The most inaccurate gauge (0-30psi) is brand new. It may have gotten messed up during shipping, though.


----------



## RonSonic (Jan 8, 2005)

Accu-Gage is lifetime warranted. If those don't agree and the error is greater than the spec sheet allows then send one back. Or both with a note saying one of them is off. 

I had to ship mine back once and it was quick and painless.


----------



## MiWolverine (Jun 15, 2009)

I contacted the seller of the 30psi one I recently purchased and they are sending out a new one. I know they have a lifetime warranty, but the cost of sending it in and paying for return shipping equals the cost of a new one. Though, it would be properly calibrated.


----------



## MikeDee (Nov 17, 2004)

slomtbr said:


> Consistency is more important than accuracy. Stick to one gauge and find its pressure reading that suits your needs.


Yes, precision is what you want, not accuracy. Pressures are rather arbitrary anyway and should be arrived at through trial and error or experimentation (think suspension air pressure and tire pressure). That's why I use the same pump for my suspension pressure even though I have a couple.


----------



## MiWolverine (Jun 15, 2009)

MikeDee said:


> Yes, precision is what you want, not accuracy. Pressures are rather arbitrary anyway and should be arrived at through trial and error or experimentation (think suspension air pressure and tire pressure). That's why I use the same pump for my suspension pressure even though I have a couple.


I acknowledged this above. However, I would still like to KNOW for sure what pressure I am truly running.

I received the replacement gauge and it was just as bad as the first. I inflated the tires to 20psi, according to my floor pump, and the gauges read 13-14psi. The tires feel quite firm when squeezing them, like a tire that is inflated to 20psi. So, what I am going to do is send one off to have it calibrated and go from there.


----------



## alexbn921 (Mar 31, 2009)

If you absolutely must know the PSI in your tires then you need to pay for a good a gauge. Consistency is far more important than actual pressure.

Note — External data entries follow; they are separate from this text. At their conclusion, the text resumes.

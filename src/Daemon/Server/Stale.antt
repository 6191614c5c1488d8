-- ===== src/Daemon/Server/Stale.antt =====
-- src/daemon/server.rs: which calls `bind` makes, and which failures it reports.
use uclip_daemon.Base.{◌≡◌, List, [], ◌∷◌, ◌++◌, Option, none, some, arith}
use uclip_daemon.Base.Result.{Result, done, fail}
use uclip_daemon.Text.{Chars}
use uclip_daemon.Daemon.Server.Bind.{
  IoError, not_found, SysCall, create_dir_all, remove_file, bind_socket, set_permissions, Answer,
  parent, bind, rest_of, ◌then_do◌, call, unlink, attempt, make_parent, or_fail, tolerate,
  owner_only,
}

-- The failure of a call that counts: a socket that is not there need not be removed, and the
-- permissions are set as far as they can be.
abbrev pub counted : SysCall → Option IoError → Option IoError
counted (remove_file p) (some not_found) = none
counted (set_permissions p m) e = none
counted c e = e

abbrev pub make : Chars → List SysCall
make [] = []
make (c ∷ cs) = create_dir_all (c ∷ cs) ∷ []

-- The calls of a start, in their order.
abbrev pub plan : Chars → List SysCall
plan path =
    make (parent path) ++ remove_file path ∷ bind_socket path ∷ set_permissions path owner_only ∷ []

-- A plan is carried out up to its first failure that counts.
abbrev pub carry_out : Answer → List SysCall → Chars → List SysCall × Result IoError Chars
carry_out ask [] path = ([], done path)
carry_out ask (c ∷ cs) path = elim (counted c (ask c)) [
  | none ↦ (c ∷ (carry_out ask cs path).0, (carry_out ask cs path).1)
  | some e ↦ (c ∷ [], fail e)
]

after_parent :
    (path p : Chars) (ask : Answer)
    → (make_parent p then_do rest_of path) ask []
      ≡ carry_out ask
          (make p ++ remove_file path ∷ bind_socket path ∷ set_permissions path owner_only ∷ [])
          path
unfolding call unlink attempt make_parent or_fail tolerate rest_of
after_parent path [] ask = ground arith
after_parent path (c ∷ cs) ask = ground arith

-- `bind` makes the directory of the socket, removes a stale socket, binds the path, and restricts
-- it to its owner, in this order, and stops at the first failure that counts.
pub bind_lem : (path : Chars) (ask : Answer) → bind path ask [] ≡ carry_out ask (plan path) path
unfolding bind
bind_lem path ask = after_parent path (parent path) ask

I have one of these as my master gauge that all others are tested against. 
Longacre Magnum Tire Pressure Gauge 52001


----------



## MiWolverine (Jun 15, 2009)

alexbn921 said:


> If you absolutely must know the PSI in your tires then you need to pay for a good a gauge. Consistency is far more important than actual pressure. I have one of these as my master gauge that all others are tested against.
> Longacre Magnum Tire Pressure Gauge 52001


lol, I thought I was getting a good gauge in the Meiser. It came highly recommended by many. However, I am not desperate enough to shell out $80 for a gauge.


----------



## alexbn921 (Mar 31, 2009)

MiWolverine said:


> lol, I thought I was getting a good gauge in the Meiser. It came highly recommended by many. However, I am not desperate enough to shell out $80 for a gauge.

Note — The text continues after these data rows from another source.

-- ===== src/Daemon/Server/Subscription.antt =====
-- src/daemon/server.rs: who receives events, and what ends a connection.
use uclip_daemon.Base.{
  ℕ, ◌≡◌, ◌≢◌, refl, sym, ◌∙◌, ◌⊎◌, inl, inr, String, List, [], ◌∷◌, Bool, true, false, Option, ltb,
  arith, All, All-append, if◌then◌else◌, Bool-cases,
}
use uclip_daemon.Text.{Chars}
use uclip_daemon.Daemon.Types.{
  ServerEvent, UiRequest, list, restore, ping, subscribe, DaemonResponse, max_line_bytes,
}
use uclip_daemon.Daemon.Server.{
  Answers, Input, eof, line, read_failed, event, lagged, closed, Client, Ending, returned_ok,
  returned_err, Next, continue, stop, Frame, response, event_frame, RestoreAnswer, channel_closed,
  replied, reply_dropped, timed_out, write, reply, reply_best_effort, send_event, forward,
  handle_request, Parsed, request, invalid, too_long, handle_parsed, line_bytes, handle_line, step,
  handle_client,
}

abbrev pub IsResponse : Frame → Type 0
IsResponse (response r) = Unit
IsResponse (event_frame e) = ⊥

-- Only a subscribed client has been sent events.
abbrev pub IsQuiet : Client → Type 0
IsQuiet c = (c.is_subscribed ≡ true) ⊎ All IsResponse c.sent

abbrev pub client_of : Next → Client
client_of (continue c) = c
client_of (stop c e) = c

reply-IsQuiet :
    (a : Answers) (c : Client) (id : String) (resp : DaemonResponse)
    → IsQuiet c
    → IsQuiet (client_of (reply a c id resp))
unfolding reply write
reply-IsQuiet a c id resp h =
    ground
      (arith, All-append IsResponse c.sent (response (record { v = 1; id = id; resp = resp }) ∷ []))

reply_best_effort-IsQuiet :
    (a : Answers) (c : Client) (id : String) (resp : DaemonResponse)
    → IsQuiet c
    → IsQuiet (client_of (reply_best_effort a c id resp))
unfolding reply_best_effort
reply_best_effort-IsQuiet a c id resp h =
    ground
      (arith, All-append IsResponse c.sent (response (record { v = 1; id = id; resp = resp }) ∷ []))

forward-IsQuiet : (r : RestoreAnswer) (n : ℕ) (c : Client) → IsQuiet c → IsQuiet (forward r n c)
unfolding forward
forward-IsQuiet channel_closed n c h = h
forward-IsQuiet (replied r) n c h = h
forward-IsQuiet reply_dropped n c h = h
forward-IsQuiet timed_out n c h = h

handle_request-IsQuiet :
    (a : Answers) (c : Client) (id : String) (q : UiRequest)
    → IsQuiet c
    → IsQuiet (client_of (handle_request a c id q))
unfolding handle_request
handle_request-IsQuiet a c id (list o l) h = reply-IsQuiet a c id _ h
handle_request-IsQuiet a c id (restore n) h =
    reply-IsQuiet a _ id _ (forward-IsQuiet (a.restores n) n c h)
handle_request-IsQuiet a c id ping h = reply-IsQuiet a c id _ h
handle_request-IsQuiet a c id subscribe h = reply-IsQuiet a _ id _ (inl refl)

handle_parsed-IsQuiet :
    (a : Answers) (c : Client) (id : Option String) (p : Parsed)
    → IsQuiet c
    → IsQuiet (client_of (handle_parsed a c id p))
unfolding handle_parsed
handle_parsed-IsQuiet a c id (request r) h = handle_request-IsQuiet a c r.id r.req h
handle_parsed-IsQuiet a c id (invalid e) h = reply-IsQuiet a c _ _ h

if-IsQuiet :
    (b : Bool) (n m : Next)
    → IsQuiet (client_of n)
    → IsQuiet (client_of m)
    → IsQuiet (client_of (if b then n else m))
if-IsQuiet true n m h k = h
if-IsQuiet false n m h k = k

if_true : {b : Bool} → b ≡ true → (n m : Next) → (if b then n else m) ≡ n
if_true h n m = rw h

if_false : {b : Bool} → b ≡ false → (n m : Next) → (if b then n else m) ≡ m
if_false h n m = rw h

continue_ne_stop : {c c' : Client} {e : Ending} → continue c ≢ stop c' e
continue_ne_stop h = cc

-- How a reply can end the connection.
abbrev WriteFailed : Answers → Ending → Type 0
WriteFailed a e = (a.writes ≡ false) × (e ≡ returned_err)

module _ (a : Answers) {c' : Client} {e : Ending} where
  reply-stop :
      (c : Client) (id : String) (resp : DaemonResponse)
      → reply a c id resp ≡ stop c' e
      → WriteFailed a e
  unfolding reply write
  reply-stop c id resp h = ground arith

  send_event-stop : (c : Client) (v : ServerEvent) → send_event a c v ≡ stop c' e → WriteFailed a e
  unfolding send_event write
  send_event-stop c v h = ground arith

  reply_best_effort-stop :
      (c : Client) (id : String) (resp : DaemonResponse) → reply_best_effort a c id resp ≢ stop c' e
  unfolding reply_best_effort
  reply_best_effort-stop c id resp h = ground arith

  handle_parsed-stop :
      (c : Client) (id : Option String) (p : Parsed)
      → handle_parsed a c id p ≡ stop c' e
      → WriteFailed a e
  unfolding handle_parsed handle_request
  handle_parsed-stop c id (invalid x) h = reply-stop c _ _ h
  handle_parsed-stop c id (request r) h = by_request r.req h
    where
      by_request : (q : UiRequest) → handle_request a c r.id q ≡ stop c' e → WriteFailed a e
      by_request (list o l) k = reply-stop _ _ _ k
      by_request (restore n) k = reply-stop _ _ _ k
      by_request ping k = reply-stop _ _ _ k
      by_request subscribe k = reply-stop _ _ _ k

module _ (parse : Chars → Parsed) (find_id : Chars → Option String) where
  handle_line-IsQuiet :
      (a : Answers) (c : Client) (l : Chars)
      → IsQuiet c
      → IsQuiet (client_of (handle_line parse find_id a c l))
  unfolding handle_line
  handle_line-IsQuiet a c l h = elim (Bool-cases (ltb max_line_bytes (line_bytes l))) [
    | inl long ↦ rw long (reply_best_effort-IsQuiet a c "" (too_long (line_bytes l)) h)
    | inr short ↦ rw short (handle_parsed-IsQuiet a c (find_id l) (parse l) h)
  ]

  step-IsQuiet :
      (a : Answers) (c : Client) (i : Input)
      → IsQuiet c
      → IsQuiet (client_of (step parse find_id a c i))
  unfolding step send_event write
  step-IsQuiet a c eof h = h
  step-IsQuiet a c (read_failed e) h = h
  step-IsQuiet a c (line l) h = handle_line-IsQuiet a c l h
  step-IsQuiet a c (event e) h = ground arith
  step-IsQuiet a c (lagged n) h = if-IsQuiet c.is_subscribed _ _ (reply-IsQuiet a c "" _ h) h
  step-IsQuiet a c closed h = ground arith

  -- A client that has not subscribed is never sent an event, whatever happens on its connection.
  pub handle_client-IsQuiet :
      (inputs : List (Answers × Input)) (c : Client)
      → IsQuiet c
      → IsQuiet (client_of (handle_client parse find_id c inputs))
  unfolding handle_client
  handle_client-IsQuiet [] c h = h
  handle_client-IsQuiet ((a, i) ∷ inputs) c h =
      go (handle_client-IsQuiet inputs) (step parse find_id a c i) (step-IsQuiet a c i h)
    where
      go :
          ((d : Client) → IsQuiet d → IsQuiet (client_of (handle_client parse find_id d inputs)))
          → (n : Next) → IsQuiet (client_of n)
          → IsQuiet (
              client_of (elim n [
                | continue d ↦ handle_client parse find_id d inputs
                | stop d e ↦ stop d e
              ]))
      go later (continue d) k = later d k
      go later (stop d e) k = k

  handle_line-stop :
      (a : Answers) (c : Client) (l : Chars) {c' : Client} {e : Ending}
      → handle_line parse find_id a c l ≡ stop c' e
      → WriteFailed a e
  unfolding handle_line
  handle_line-stop a c l h = elim (Bool-cases (ltb max_line_bytes (line_bytes l))) [
    | inl long ↦ absurd (reply_best_effort-stop a c "" _ (sym (if_true long _ _) ∙ h))
    | inr short ↦ handle_parsed-stop a c _ _ (sym (if_false short _ _) ∙ h)
  ]

  -- A connection ends in an error only where reading or writing failed, and without one only at
  -- the end of the input or, for a subscriber, when the daemon closes the channel.
  pub step-stop :
      (a : Answers) (c c' : Client) (i : Input) (e : Ending)
      → step parse find_id a c i ≡ stop c' e
      → ((a.writes ≡ false) × (e ≡ returned_err))
        ⊎ ((x : Chars) × (i ≡ read_failed x) × (e ≡ returned_err))
        ⊎ ((i ≡ eof) × (e ≡ returned_ok))
        ⊎ ((i ≡ closed) × (c.is_subscribed ≡ true) × (e ≡ returned_ok))
  unfolding step
  step-stop a c c' eof e h = ground arith
  step-stop a c c' (read_failed x) e h = inr (inl (x, refl, ground arith))
  step-stop a c c' (line l) e h = inl (handle_line-stop a c l h)
  step-stop a c c' (event v) e h = elim (Bool-cases c.is_subscribed) [
    | inl on ↦ inl (send_event-stop a c v (sym (if_true on _ _) ∙ h))
    | inr off ↦ absurd (continue_ne_stop (sym (if_false off _ _) ∙ h))
  ]
  step-stop a c c' (lagged n) e h = elim (Bool-cases c.is_subscribed) [
    | inl on ↦ inl (reply-stop a c _ _ (sym (if_true on _ _) ∙ h))
    | inr off ↦ absurd (continue_ne_stop (sym (if_false off _ _) ∙ h))
  ]
  step-stop a c c' closed e h = ground arith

I'm sure the gauge you bought will be consistent. Sucks that it is messed up. I bought my gauge when I was racing AutoX and 1 psi was the difference between winning and loosing. Have had it for 15 years and will probably have it for another 15+.


----------



## MSU Alum (Aug 8, 2009)

I bought several digital gauges for the (adult) kids. They all read the same. I've seen a lot of variance in floor pumps and find it very hard to believe that is the most accurate of your gauges.
But slomtbr is right. Determine a pressure that works for you and use the same gauge all the time to reproduce that pressure.


----------



## MiWolverine (Jun 15, 2009)

MSU Alum said:


> I bought several digital gauges for the (adult) kids. They all read the same. I've seen a lot of variance in floor pumps and find it very hard to believe that is the most accurate of your gauges.
> But slomtbr is right. Determine a pressure that works for you and use the same gauge all the time to reproduce that pressure.

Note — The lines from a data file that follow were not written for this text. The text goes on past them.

-- ===== src/Securec/Tokens.antt =====
-- `strtok_s` of silog_comm/src/silog_securec.c. A text is the list of its bytes without the terminating 0; the
-- context is the rest of the text that it points to, `none` for NULL.
pub mod Words
use si_log.Base.{
  ℕ, zero, suc, ◌+◌, ◌≤◌, ◌<◌, ◌≡◌, ◌∙◌, refl, ap, sym, Bool, true, false, Option, none, some, List,
  [], ◌∷◌, ◌==◌, if◌then◌else◌, length, Bool-cases, inl, inr, arith,
}

-- `strchr(delimit, c) != NULL` for a byte of a text.
abbrev pub is_delimiter : List ℕ → ℕ → Bool
is_delimiter [] c = false
is_delimiter (d ∷ delimit) c = if d == c then true else is_delimiter delimit c

-- The loop over leading delimiters.
pub skip_delimiters : List ℕ → List ℕ → List ℕ
skip_delimiters delimit [] = []
skip_delimiters delimit (c ∷ s) =
    let rest = skip_delimiters delimit s in if is_delimiter delimit c then rest else c ∷ s

-- The loop that looks for the next delimiter: the token, and what is left, from the delimiter on.
pub token_of : List ℕ → List ℕ → List ℕ × List ℕ
token_of delimit [] = ([], [])
token_of delimit (c ∷ s) =
    let (token, rest) = token_of delimit s in
    if is_delimiter delimit c then ([], c ∷ s) else (c ∷ token, rest)

-- The context behind a token.
abbrev pub behind : List ℕ → Option (List ℕ)
behind [] = none
behind (d ∷ rest) = some rest

-- `strtok_s`, from a context that is not NULL, behind the leading delimiters.
abbrev pub next_token : List ℕ → List ℕ → Option (List ℕ) × Option (List ℕ)
next_token delimit [] = (none, none)
next_token delimit (c ∷ s) =
    let (token, rest) = token_of delimit (c ∷ s) in (some token, behind rest)

-- The context after the first lines of `strtok_s`.
abbrev started : Option (List ℕ) → Option (List ℕ) → Option (List ℕ)
started none context = context
started (some text) context = some text

abbrev continue : List ℕ → Option (List ℕ) → Option (List ℕ) × Option (List ℕ)
continue delimit none = (none, none)
continue delimit (some s) = next_token delimit (skip_delimiters delimit s)

-- `strtok_s`: the token and the context. `has_context` says that the pointer to it is not NULL.
pub strtok_s :
    Option (List ℕ) → Option (List ℕ) → Bool → Option (List ℕ) → Option (List ℕ) × Option (List ℕ)
strtok_s text delimit false context = (none, context)
strtok_s text none true context = (none, context)
strtok_s text (some delimit) true context = continue delimit (started text context)

-- All tokens of the calls that follow, until one answers NULL.
pub later_tokens : ℕ → List ℕ → Option (List ℕ) → List (List ℕ)
later_tokens zero delimit context = []
later_tokens (suc fuel) delimit context =
    let (token, context') = strtok_s none (some delimit) true context in
    let rest = later_tokens fuel delimit context' in elim token [ none ↦ [] | some t ↦ t ∷ rest ]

As do I. However, based on the firmness of the tires at various pressures, I am inclined to believe the floor pump over the other gauges. At 14psi , according to the accu-gages, a tire should have a spongy feel to it when squeezed, yet the tires were quite firm. This leads to my assumption that the accu-gages are incorrect. I'm not saying my floor pump is spot on, but I am going to go by that gauge over the others.


----------



## Harold (Dec 23, 2003)

MiWolverine said:


> As do I. However, based on the firmness of the tires at various pressures, I am inclined to believe the floor pump over the other gauges. At 14psi , according to the accu-gages, a tire should have a spongy feel to it when squeezed, yet the tires were quite firm. This leads to my assumption that the accu-gages are incorrect. I'm not saying my floor pump is spot on, but I am going to go by that gauge over the others.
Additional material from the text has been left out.